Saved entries
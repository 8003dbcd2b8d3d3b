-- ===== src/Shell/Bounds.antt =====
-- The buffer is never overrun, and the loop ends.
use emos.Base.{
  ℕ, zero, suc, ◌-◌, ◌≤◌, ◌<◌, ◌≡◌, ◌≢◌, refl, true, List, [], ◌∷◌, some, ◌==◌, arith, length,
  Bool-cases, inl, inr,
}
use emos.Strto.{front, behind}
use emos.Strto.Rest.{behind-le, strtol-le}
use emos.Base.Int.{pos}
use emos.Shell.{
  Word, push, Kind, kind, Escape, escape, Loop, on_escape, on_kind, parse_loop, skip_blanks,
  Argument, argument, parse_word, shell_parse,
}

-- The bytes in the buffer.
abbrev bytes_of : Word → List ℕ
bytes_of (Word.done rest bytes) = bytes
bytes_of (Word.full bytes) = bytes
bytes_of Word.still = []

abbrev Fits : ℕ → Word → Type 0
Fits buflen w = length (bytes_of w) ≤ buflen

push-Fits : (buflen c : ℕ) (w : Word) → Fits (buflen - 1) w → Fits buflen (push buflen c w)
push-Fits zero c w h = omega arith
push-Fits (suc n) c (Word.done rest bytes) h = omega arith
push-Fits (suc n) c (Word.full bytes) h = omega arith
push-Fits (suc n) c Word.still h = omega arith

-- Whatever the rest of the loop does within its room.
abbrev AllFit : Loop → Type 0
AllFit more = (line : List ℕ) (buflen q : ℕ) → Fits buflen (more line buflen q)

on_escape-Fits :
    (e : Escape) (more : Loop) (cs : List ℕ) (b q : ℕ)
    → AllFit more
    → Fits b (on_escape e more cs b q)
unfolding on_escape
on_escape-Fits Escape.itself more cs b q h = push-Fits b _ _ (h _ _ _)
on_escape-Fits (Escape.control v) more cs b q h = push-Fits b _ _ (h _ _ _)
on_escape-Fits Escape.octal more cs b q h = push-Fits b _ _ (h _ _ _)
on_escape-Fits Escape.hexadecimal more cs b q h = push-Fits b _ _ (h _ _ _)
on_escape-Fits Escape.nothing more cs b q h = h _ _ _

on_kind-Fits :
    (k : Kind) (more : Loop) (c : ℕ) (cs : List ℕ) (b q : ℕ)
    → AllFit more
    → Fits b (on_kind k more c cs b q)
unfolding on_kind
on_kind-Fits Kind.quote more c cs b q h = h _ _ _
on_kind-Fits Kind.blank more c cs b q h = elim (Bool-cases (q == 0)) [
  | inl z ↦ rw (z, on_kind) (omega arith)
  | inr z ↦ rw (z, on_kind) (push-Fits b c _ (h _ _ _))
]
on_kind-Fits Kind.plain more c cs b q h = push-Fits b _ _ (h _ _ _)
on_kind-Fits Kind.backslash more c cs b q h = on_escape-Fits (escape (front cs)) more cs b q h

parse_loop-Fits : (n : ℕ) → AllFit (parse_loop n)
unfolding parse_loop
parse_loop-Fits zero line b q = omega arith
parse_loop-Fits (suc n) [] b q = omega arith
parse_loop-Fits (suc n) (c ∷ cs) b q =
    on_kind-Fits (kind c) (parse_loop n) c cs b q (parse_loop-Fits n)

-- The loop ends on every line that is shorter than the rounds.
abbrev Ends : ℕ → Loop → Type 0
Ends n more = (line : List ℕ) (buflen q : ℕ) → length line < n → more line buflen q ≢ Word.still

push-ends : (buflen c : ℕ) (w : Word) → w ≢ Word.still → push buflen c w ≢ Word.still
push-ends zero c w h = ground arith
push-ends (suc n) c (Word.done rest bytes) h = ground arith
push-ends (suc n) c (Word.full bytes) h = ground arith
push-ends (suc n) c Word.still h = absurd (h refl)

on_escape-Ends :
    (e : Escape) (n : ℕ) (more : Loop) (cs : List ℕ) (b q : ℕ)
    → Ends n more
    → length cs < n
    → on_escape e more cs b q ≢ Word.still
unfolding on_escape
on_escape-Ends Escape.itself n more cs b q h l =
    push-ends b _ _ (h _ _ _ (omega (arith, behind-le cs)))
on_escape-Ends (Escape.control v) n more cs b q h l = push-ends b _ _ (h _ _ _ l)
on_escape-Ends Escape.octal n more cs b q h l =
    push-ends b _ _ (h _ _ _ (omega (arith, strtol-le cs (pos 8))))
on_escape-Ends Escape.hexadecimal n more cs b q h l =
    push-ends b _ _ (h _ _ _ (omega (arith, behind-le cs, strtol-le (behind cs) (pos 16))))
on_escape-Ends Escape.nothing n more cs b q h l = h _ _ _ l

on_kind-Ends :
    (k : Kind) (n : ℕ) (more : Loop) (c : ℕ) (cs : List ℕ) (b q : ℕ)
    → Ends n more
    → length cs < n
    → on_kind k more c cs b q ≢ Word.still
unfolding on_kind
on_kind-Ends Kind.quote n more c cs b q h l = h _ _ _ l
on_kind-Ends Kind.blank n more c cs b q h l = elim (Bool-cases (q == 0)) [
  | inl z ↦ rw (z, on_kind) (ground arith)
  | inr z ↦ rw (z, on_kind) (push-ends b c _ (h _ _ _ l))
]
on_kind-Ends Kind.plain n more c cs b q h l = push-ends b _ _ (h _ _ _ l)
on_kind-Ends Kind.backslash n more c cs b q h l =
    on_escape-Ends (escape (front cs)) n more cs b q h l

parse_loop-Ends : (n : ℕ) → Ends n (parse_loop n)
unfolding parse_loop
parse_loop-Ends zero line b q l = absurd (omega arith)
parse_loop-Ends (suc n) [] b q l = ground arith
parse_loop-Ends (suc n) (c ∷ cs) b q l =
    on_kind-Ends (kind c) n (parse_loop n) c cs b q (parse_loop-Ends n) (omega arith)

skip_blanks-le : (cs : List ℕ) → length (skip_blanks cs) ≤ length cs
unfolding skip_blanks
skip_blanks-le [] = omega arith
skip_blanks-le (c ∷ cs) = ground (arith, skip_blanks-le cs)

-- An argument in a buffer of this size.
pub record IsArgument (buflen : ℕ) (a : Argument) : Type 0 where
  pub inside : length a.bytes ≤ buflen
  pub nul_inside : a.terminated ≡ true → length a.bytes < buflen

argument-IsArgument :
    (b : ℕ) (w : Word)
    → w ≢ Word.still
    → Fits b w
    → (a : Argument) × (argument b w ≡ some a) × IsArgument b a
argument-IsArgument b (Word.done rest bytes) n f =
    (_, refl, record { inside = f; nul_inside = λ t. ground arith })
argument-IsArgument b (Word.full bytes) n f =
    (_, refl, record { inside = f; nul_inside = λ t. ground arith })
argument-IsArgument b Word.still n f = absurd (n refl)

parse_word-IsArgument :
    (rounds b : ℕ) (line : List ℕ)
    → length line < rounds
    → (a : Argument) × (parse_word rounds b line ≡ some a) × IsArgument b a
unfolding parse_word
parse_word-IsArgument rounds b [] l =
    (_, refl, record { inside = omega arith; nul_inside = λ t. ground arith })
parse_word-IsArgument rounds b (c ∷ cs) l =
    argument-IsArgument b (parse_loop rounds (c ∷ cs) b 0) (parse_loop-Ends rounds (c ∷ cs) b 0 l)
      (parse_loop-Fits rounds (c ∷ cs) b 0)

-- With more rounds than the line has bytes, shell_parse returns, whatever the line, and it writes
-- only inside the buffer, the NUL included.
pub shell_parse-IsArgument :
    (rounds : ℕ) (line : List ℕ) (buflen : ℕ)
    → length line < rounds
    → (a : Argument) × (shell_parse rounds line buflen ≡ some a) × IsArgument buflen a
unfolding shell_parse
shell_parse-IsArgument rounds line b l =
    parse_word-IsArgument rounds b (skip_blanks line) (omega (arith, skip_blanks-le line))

_TASK DESCRIPTION_
Here the output must be the lines above from the line with "c cs b q ≢ Word.still" to the line with "on_kind-Ends Kind.plain n", both included, duplicated word for word and nothing else.

_TASK RESULT_
    → on_kind k more c cs b q ≢ Word.still
unfolding on_kind
on_kind-Ends Kind.quote n more c cs b q h l = h _ _ _ l
on_kind-Ends Kind.blank n more c cs b q h l = elim (Bool-cases (q == 0)) [
  | inl z ↦ rw (z, on_kind) (ground arith)
  | inr z ↦ rw (z, on_kind) (push-ends b c _ (h _ _ _ l))
]
on_kind-Ends Kind.plain n more c cs b q h l = push-ends b _ _ (h _ _ _ l)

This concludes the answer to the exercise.